### EXERCISE DESCRIPTION
As the answer, set down the lines below from the one containing "unfoldable pub select" through the one containing "mint token loop mono wall r", exactly and inclusively, and no others.

### MATERIAL PROVIDED
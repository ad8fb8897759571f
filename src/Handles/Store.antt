-- ===== src/Handles/Store.antt =====
-- `HandleStore` of src/manga_gateway/handles/store.py. The in-memory tier is cachetools' `TTLCache`,
-- a parameter with its documented laws. `mono` is a reading of the monotonic clock, by which the
-- cache ages its entries, and `wall` one of `time.time()`, by which the rows do.
pub mod Fresh
pub mod Holds
pub mod Minted
use mangarr_gateway.Prelude.{
  Bool, List, Option, String, [], false, if◌then◌else◌, keep, leb, length, none, not, some,
  string_eq, ℕ, ◌++◌, ◌+◌, ◌<◌, ◌==◌, ◌∷◌, ◌≡◌, ◌≤◌,
}
use mangarr_gateway.Handles.Record.{ResolutionRecord}

-- The columns of `_CREATE_SCHEMA`. A Decimal is its text.
pub record Row : Type 0 where
  pub handle : String
  pub source_key : String
  pub chapter_id : String
  pub language : String
  pub title : String
  pub manga_title : Option String
  pub chapter_number : Option String
  pub volume : Option ℕ
  pub scanlation_group : Option String
  pub page_count : Option ℕ
  pub expires_at : ℕ

-- `_row_values`
unfoldable pub row_values : String → ResolutionRecord → ℕ → Row
row_values handle r expires_at = record {
  handle = handle;
  source_key = r.source_key;
  chapter_id = r.chapter_id;
  language = r.language;
  title = r.title;
  manga_title = r.manga_title;
  chapter_number = r.chapter_number;
  volume = r.volume;
  scanlation_group = r.scanlation_group;
  page_count = r.page_count;
  expires_at = expires_at;
}

-- `_record_from_row`
unfoldable pub record_from_row : Row → ResolutionRecord
record_from_row r = record {
  source_key = r.source_key;
  chapter_id = r.chapter_id;
  language = r.language;
  title = r.title;
  manga_title = r.manga_title;
  chapter_number = r.chapter_number;
  volume = r.volume;
  scanlation_group = r.scanlation_group;
  page_count = r.page_count;
}

-- `TTLCache`: an entry is there for `ttl` from its assignment, unless an assignment to another key
-- evicts it.
pub record TtlCache (C : Type 0) : Type 0 where
  pub ttl : ℕ
  pub empty : C
  pub get : ℕ → String → C → Option ResolutionRecord
  pub put : ℕ → String → ResolutionRecord → C → C
  pub get-empty : (now : ℕ) (k : String) → get now k empty ≡ none
  pub get-put :
      (now later : ℕ) (k : String) (r : ResolutionRecord) (c : C)
      → now ≤ later
      → later < now + ttl
      → get later k (put now k r c) ≡ some r
  pub get-put_same :
      (now later : ℕ) (k : String) (r q : ResolutionRecord) (c : C)
      → get later k (put now k r c) ≡ some q
      → q ≡ r
  pub get-put_other :
      (now later : ℕ) (k j : String) (r q : ResolutionRecord) (c : C)
      → (k == j) ≡ false
      → get later j (put now k r c) ≡ some q
      → get later j c ≡ some q

-- The cache, the table if there is a connection, and the persist tasks that have not run.
pub record HandleStore (C : Type 0) : Type 0 where
  pub cache : C
  pub rows : Option (List Row)
  pub pending : List Row

abbrev pub has_handle : String → Row → Bool
has_handle h r = r.handle == h

-- INSERT OR REPLACE
unfoldable pub replace : List Row → Row → List Row
replace rows r = keep (λ x. not (has_handle r.handle x)) rows ++ r ∷ []

abbrev pub first_row : List Row → Option Row
first_row [] = none
first_row (r ∷ _) = some r

-- SELECT * FROM handles WHERE handle = ?
unfoldable pub select : List Row → String → Option Row
select rows h = first_row (keep (has_handle h) rows)

module _ {C : Type 0} (ops : TtlCache C) where
  -- `mint`, with the token that `secrets.token_urlsafe` answers. Without a running loop nothing is
  -- scheduled.
  unfoldable pub mint :
      String → Bool → ℕ → ℕ → ResolutionRecord → HandleStore C → String × HandleStore C
  unfolding row_values
  mint token loop mono wall r s =
      let s' = record s { cache = ops.put mono token r s.cache } in
      elim s.rows [
        | none ↦ (token, s')
        | some _ ↦
            if loop
            then (
              token,
              record s' { pending = s.pending ++ row_values token r (wall + ops.ttl) ∷ [] },
            )
            else (token, s')
      ]

  -- `_resolve_from_db`: an expired row is a miss and is pruned, a live one warms the cache again.
  abbrev pub from_row :
      ℕ
      → ℕ
      → String
      → List Row
      → Option Row
      → HandleStore C
      → Option ResolutionRecord × HandleStore C
  from_row mono wall h rows none s = (none, s)
  from_row mono wall h rows (some r) s =
      if leb r.expires_at wall
      then (none, record s { rows = some (keep (λ x. not (has_handle h x)) rows) })
      else (
        some (record_from_row r),
        record s { cache = ops.put mono h (record_from_row r) s.cache },
      )

  unfoldable pub resolve_from_db :
      ℕ → ℕ → String → List Row → HandleStore C → Option ResolutionRecord × HandleStore C
  unfolding select record_from_row
  resolve_from_db mono wall h rows s = from_row mono wall h rows (select rows h) s

  unfoldable pub resolve : ℕ → ℕ → String → HandleStore C → Option ResolutionRecord × HandleStore C
  unfolding resolve_from_db
  resolve mono wall h s = elim (ops.get mono h s.cache) [
    | some r ↦ (some r, s)
    | none ↦ elim s.rows [ none ↦ (none, s) | some rows ↦ resolve_from_db mono wall h rows s ]
  ]

  unfoldable pub load : ℕ → List Row → C → C
  unfolding record_from_row
  load mono [] c = c
  load mono (r ∷ rs) c = load mono rs (ops.put mono r.handle (record_from_row r) c)

  -- `rehydrate`: the rows that have expired are deleted, and the others loaded.
  unfoldable pub rehydrate : ℕ → ℕ → HandleStore C → ℕ × HandleStore C
  unfolding load
  rehydrate mono wall s = elim s.rows [
    | none ↦ (0, s)
    | some rows ↦
        let live = keep (λ r. not (leb r.expires_at wall)) rows in
        (length live, record s { cache = load mono live s.cache; rows = some live })
  ]

  -- `open_handle_store` on the rows that the disk has
  unfoldable pub open_store : ℕ → ℕ → List Row → HandleStore C
  unfolding rehydrate
  open_store mono wall rows =
      (rehydrate mono wall (record { cache = ops.empty; rows = some rows; pending = [] })).1

-- `_persist` of the oldest task: it writes its row, or fails and is forgotten.
unfoldable pub persist : {C : Type 0} → Bool → HandleStore C → HandleStore C
unfolding replace
persist written s = elim s.pending [
  | [] ↦ s
  | r ∷ rs ↦ elim s.rows [
    | none ↦ record s { pending = rs }
    | some rows ↦ record s { pending = rs; rows = some (if written then replace rows r else rows) }
  ]
]
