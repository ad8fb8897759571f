-- ===== src/Handles/Store/Fresh.antt =====
-- A handle resolves while it is fresh, and after a restart.
use mangarr_gateway.Prelude.{
  Bool, List, Option-cases, String, [], any, arith, false, inl, inr, keep, leb, none, not, refl,
  some, ℕ, ◌&&◌, ◌+◌, ◌<◌, ◌∙◌, ◌∷◌, ◌≡◌, ◌≤◌,
}
use mangarr_gateway.Handles.Record.{ResolutionRecord}
use mangarr_gateway.Handles.Store.{
  Row, TtlCache, HandleStore, mint, resolve, resolve_from_db, record_from_row, has_handle, select,
  load, rehydrate, open_store,
}

module _ {C : Type 0} (ops : TtlCache C) where
  -- A minted handle resolves to its record for `ttl` by the clock of the cache, with or without a
  -- table and whatever the wall clock says.
  pub resolve-mint :
      (token : String) (loop : Bool) (mono wall later wall' : ℕ) (r : ResolutionRecord)
      (s : HandleStore C)
      → mono ≤ later
      → later < mono + ops.ttl
      → (resolve ops later wall' token (mint ops token loop mono wall r s).1).0 ≡ some r
  unfolding resolve mint
  resolve-mint token loop mono wall later wall' r s l b =
      ground (arith, ops.get-put mono later token r s.cache l b)

  -- A handle that is not in the cache and that its row has answered is answered again for `ttl`
  -- from then, whatever the wall clock says: also after the row's expires_at.
  pub resolve-warmed :
      (mono wall later wall' : ℕ) (h : String) (rows : List Row) (r : ResolutionRecord)
      (s : HandleStore C)
      → ops.get mono h s.cache ≡ none
      → s.rows ≡ some rows
      → (resolve ops mono wall h s).0 ≡ some r
      → mono ≤ later
      → later < mono + ops.ttl
      → (resolve ops later wall' h (resolve ops mono wall h s).1).0 ≡ some r
  unfolding resolve resolve_from_db
  resolve-warmed mono wall later wall' h rows r s miss e a l b =
      elim (Option-cases (select rows h)) [
        | inl n ↦ ground (arith, n)
        | inr (row, f) ↦
            ground (arith, f, ops.get-put mono later h (record_from_row row) s.cache l b)
      ]

  -- What the cache answers for a handle that no loaded row has was there before.
  load-other :
      (mono later : ℕ) (h : String) (rows : List Row) (c : C) (q : ResolutionRecord)
      → any (has_handle h) rows ≡ false
      → ops.get later h (load ops mono rows c) ≡ some q
      → ops.get later h c ≡ some q
  unfolding load
  load-other mono later h [] c q n g = g
  load-other mono later h (x ∷ rows) c q n g =
      ops.get-put_other mono later x.handle h (record_from_row x) q c (ground arith)
        (load-other mono later h rows _ q (ground arith) g)

  resolve-miss :
      (later wall : ℕ) (h : String) (s : HandleStore C) (rows : List Row)
      → ops.get later h s.cache ≡ none
      → s.rows ≡ some rows
      → select rows h ≡ none
      → (resolve ops later wall h s).0 ≡ none
  unfolding resolve resolve_from_db
  resolve-miss later wall h s rows g e n = ground arith

  select-none :
      (h : String) (rows : List Row) → any (has_handle h) rows ≡ false → select rows h ≡ none
  unfolding select keep
  select-none h [] n = refl
  select-none h (x ∷ rows) n = ground (arith, select-none h rows)

  any-keep : (p q : Row → Bool) (rows : List Row) → any p (keep q rows) ≡ any (λ x. p x && q x) rows
  unfolding keep
  any-keep p q [] = refl
  any-keep p q (x ∷ rows) = ground (arith, any-keep p q rows)

  load-none :
      (mono later : ℕ) (h : String) (rows : List Row)
      → any (has_handle h) rows ≡ false
      → ops.get later h (load ops mono rows ops.empty) ≡ none
  load-none mono later h rows n =
      elim (Option-cases (ops.get later h (load ops mono rows ops.empty))) [
        | inl e ↦ e
        | inr (q, g) ↦
            let x = load-other mono later h rows ops.empty q n g in
            ground (arith, x, ops.get-empty later h)
      ]

  -- A handle that has no live row when the store is opened, its rows expired or absent, does not
  -- resolve, at any later time.
  pub resolve-expired :
      (h : String) (mono wall later wall' : ℕ) (rows : List Row)
      → any (λ x. has_handle h x && not (leb x.expires_at wall)) rows ≡ false
      → (resolve ops later wall' h (open_store ops mono wall rows)).0 ≡ none
  unfolding open_store rehydrate
  resolve-expired h mono wall later wall' rows n =
      let fresh : Row → Bool = λ x. not (leb x.expires_at wall) in
      let gone = any-keep (has_handle h) fresh rows ∙ n in
      resolve-miss later wall' h (open_store ops mono wall rows) (keep fresh rows)
        (load-none mono later h (keep fresh rows) gone) refl (select-none h (keep fresh rows) gone)
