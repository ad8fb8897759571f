-- ===== src/Handles/Store/Holds.antt =====
-- What holds of every record that a store can answer, kept by its operations.
use mangarr_gateway.Prelude.{
  All, Bool, Bool-cases, List, Option, Option-cases, String, [], arith, false, inl, inr, keep, leb,
  none, not, refl, some, string_eq, subst, sym, true, ℕ, ◌++◌, ◌+◌, ◌==◌, ◌∷◌, ◌≡◌,
}
use mangarr_gateway.Handles.Record.{ResolutionRecord}
use mangarr_gateway.Handles.Store.{
  Row, row_values, record_from_row, TtlCache, HandleStore, has_handle, replace, select, mint,
  from_row, resolve, resolve_from_db, load, rehydrate, persist,
}

abbrev pub rows_of : Option (List Row) → List Row
rows_of none = []
rows_of (some rows) = rows

module _ {C : Type 0} (ops : TtlCache C) (P : String → ResolutionRecord → Type 0) where
  abbrev pub CacheHolds : C → Type 0
  CacheHolds c = (now : ℕ) (k : String) (r : ResolutionRecord) → ops.get now k c ≡ some r → P k r

  abbrev pub RowsHold : List Row → Type 0
  RowsHold = All (λ x. P x.handle (record_from_row x))

  pub record Holds (s : HandleStore C) : Type 0 where
    pub cache : CacheHolds s.cache
    pub rows : RowsHold (rows_of s.rows)
    pub pending : RowsHold s.pending

  put-Holds :
      (mono : ℕ) (k : String) (r : ResolutionRecord) (c : C)
      → P k r
      → CacheHolds c
      → CacheHolds (ops.put mono k r c)
  put-Holds mono k r c p h now j q g = elim (Bool-cases (k == j)) [
    | inl e ↦
        let same = (string_eq.beq_iff k j).0 e in
        let g' = subst (λ i. ops.get now i (ops.put mono k r c) ≡ some q) (sym same) g in
        subst (λ i. P i q) same (subst (λ x. P k x) (sym (ops.get-put_same mono now k r q c g')) p)
    | inr n ↦ h now j q (ops.get-put_other mono now k j r q c n g)
  ]

  keep-Holds : (p : Row → Bool) (rows : List Row) → RowsHold rows → RowsHold (keep p rows)
  unfolding keep
  keep-Holds p [] h = tt
  keep-Holds p (x ∷ rows) h = elim (Bool-cases (p x)) [
    | inl e ↦ rw e (h.0, keep-Holds p rows h.1)
    | inr e ↦ rw e (keep-Holds p rows h.1)
  ]

  append-Holds :
      (rows : List Row) (x : Row)
      → RowsHold rows
      → P x.handle (record_from_row x)
      → RowsHold (rows ++ x ∷ [])
  append-Holds [] x h p = (p, tt)
  append-Holds (y ∷ rows) x h p = (h.0, append-Holds rows x h.1 p)

  load-Holds :
      (mono : ℕ) (rows : List Row) (c : C)
      → RowsHold rows
      → CacheHolds c
      → CacheHolds (load ops mono rows c)
  unfolding load
  load-Holds mono [] c h k = k
  load-Holds mono (x ∷ rows) c h k =
      load-Holds mono rows _ h.1 (put-Holds mono x.handle (record_from_row x) c h.0 k)

  select-Holds :
      (rows : List Row) (h : String) (x : Row)
      → RowsHold rows
      → select rows h ≡ some x
      → P h (record_from_row x)
  unfolding select keep
  select-Holds [] h x a e = cc
  select-Holds (y ∷ rows) h x a e = elim (Bool-cases (has_handle h y)) [
    | inl t ↦
        let same : y ≡ x = ground (arith, e, t) in
        subst (λ z. P h (record_from_row z)) same
          (subst (λ k. P k (record_from_row y)) ((string_eq.beq_iff y.handle h).0 t) a.0)
    | inr t ↦ select-Holds rows h x a.1 (ground arith)
  ]

  pub mint-Holds :
      (token : String) (loop : Bool) (mono wall : ℕ) (r : ResolutionRecord) (c : C)
      (o : Option (List Row)) (ps : List Row)
      → P token r
      → CacheHolds c
      → RowsHold (rows_of o)
      → RowsHold ps
      → Holds (mint ops token loop mono wall r (record { cache = c; rows = o; pending = ps })).1
  unfolding mint row_values record_from_row
  mint-Holds token loop mono wall r c none ps p h rs qs = record {
    cache = put-Holds mono token r c p h;
    rows = rs;
    pending = qs;
  }
  mint-Holds token true mono wall r c (some rows) ps p h rs qs = record {
    cache = put-Holds mono token r c p h;
    rows = rs;
    pending = append-Holds ps (row_values token r (wall + ops.ttl)) qs p;
  }
  mint-Holds token false mono wall r c (some rows) ps p h rs qs = record {
    cache = put-Holds mono token r c p h;
    rows = rs;
    pending = qs;
  }

  pub rehydrate-Holds :
      (mono wall : ℕ) (c : C) (o : Option (List Row)) (ps : List Row)
      → CacheHolds c
      → RowsHold (rows_of o)
      → RowsHold ps
      → Holds (rehydrate ops mono wall (record { cache = c; rows = o; pending = ps })).1
  unfolding rehydrate
  rehydrate-Holds mono wall c none ps h rs qs = record { cache = h; rows = rs; pending = qs }
  rehydrate-Holds mono wall c (some rows) ps h rs qs =
      let live = keep-Holds (λ r. not (leb r.expires_at wall)) rows rs in
      record { cache = load-Holds mono _ c live h; rows = live; pending = qs }

  pub persist-Holds :
      (written : Bool) (c : C) (o : Option (List Row)) (ps : List Row)
      → CacheHolds c
      → RowsHold (rows_of o)
      → RowsHold ps
      → Holds (persist written (record { cache = c; rows = o; pending = ps }))
  unfolding persist replace
  persist-Holds w c o [] h rs qs = record { cache = h; rows = rs; pending = qs }
  persist-Holds w c none (x ∷ ps) h rs qs = record { cache = h; rows = rs; pending = qs.1 }
  persist-Holds true c (some rows) (x ∷ ps) h rs qs = record {
    cache = h;
    rows = append-Holds _ x (keep-Holds (λ y. not (has_handle x.handle y)) rows rs) qs.0;
    pending = qs.1;
  }
  persist-Holds false c (some rows) (x ∷ ps) h rs qs = record {
    cache = h;
    rows = rs;
    pending = qs.1;
  }

  from_row-Holds :
      (mono wall : ℕ) (k : String) (rows : List Row) (o : Option Row) (s : HandleStore C)
      → RowsHold rows
      → ((x : Row) → o ≡ some x → P k (record_from_row x))
      → Holds s
      → Holds (from_row ops mono wall k rows o s).1
        × ((r : ResolutionRecord) → (from_row ops mono wall k rows o s).0 ≡ some r → P k r)
  from_row-Holds mono wall k rows none s a f h = (h, λ r e. cc)
  from_row-Holds mono wall k rows (some x) s a f h = elim (Bool-cases (leb x.expires_at wall)) [
    | inl e ↦ rw e (
      record {
        cache = h.cache;
        rows = keep-Holds (λ y. not (has_handle k y)) rows a;
        pending = h.pending;
      },
      λ r q. cc,
    )
    | inr e ↦ rw e (
      record {
        cache = put-Holds mono k (record_from_row x) s.cache (f x refl) h.cache;
        rows = h.rows;
        pending = h.pending;
      },
      λ r q. let same : record_from_row x ≡ r = ground (arith, q) in subst (P k) same (f x refl),
    )
  ]

  pub resolve-Holds :
      (mono wall : ℕ) (k : String) (s : HandleStore C)
      → Holds s
      → Holds (resolve ops mono wall k s).1
        × ((r : ResolutionRecord) → (resolve ops mono wall k s).0 ≡ some r → P k r)
  unfolding resolve resolve_from_db
  resolve-Holds mono wall k s h = elim (Option-cases (ops.get mono k s.cache)) [
    | inl n ↦ elim (Option-cases s.rows) [
      | inl e ↦ rw (resolve, n, e) (h, λ r q. cc)
      | inr (rows, e) ↦
          let a = subst (λ o. RowsHold (rows_of o)) e h.rows in
          rw (resolve, n, e)
            (from_row-Holds mono wall k rows (select rows k) s a (λ x f. select-Holds rows k x a f)
              h)
    ]
    | inr (r, e) ↦
        rw (resolve, e)
          (h, λ q g. let same : r ≡ q = ground (arith, g) in subst (P k) same (h.cache mono k r e))
  ]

### COMPLETED EXERCISE
unfoldable pub select : List Row → String → Option Row
select rows h = first_row (keep (has_handle h) rows)

module _ {C : Type 0} (ops : TtlCache C) where
  -- `mint`, with the token that `secrets.token_urlsafe` answers. Without a running loop nothing is
  -- scheduled.
  unfoldable pub mint :
      String → Bool → ℕ → ℕ → ResolutionRecord → HandleStore C → String × HandleStore C
  unfolding row_values
  mint token loop mono wall r s =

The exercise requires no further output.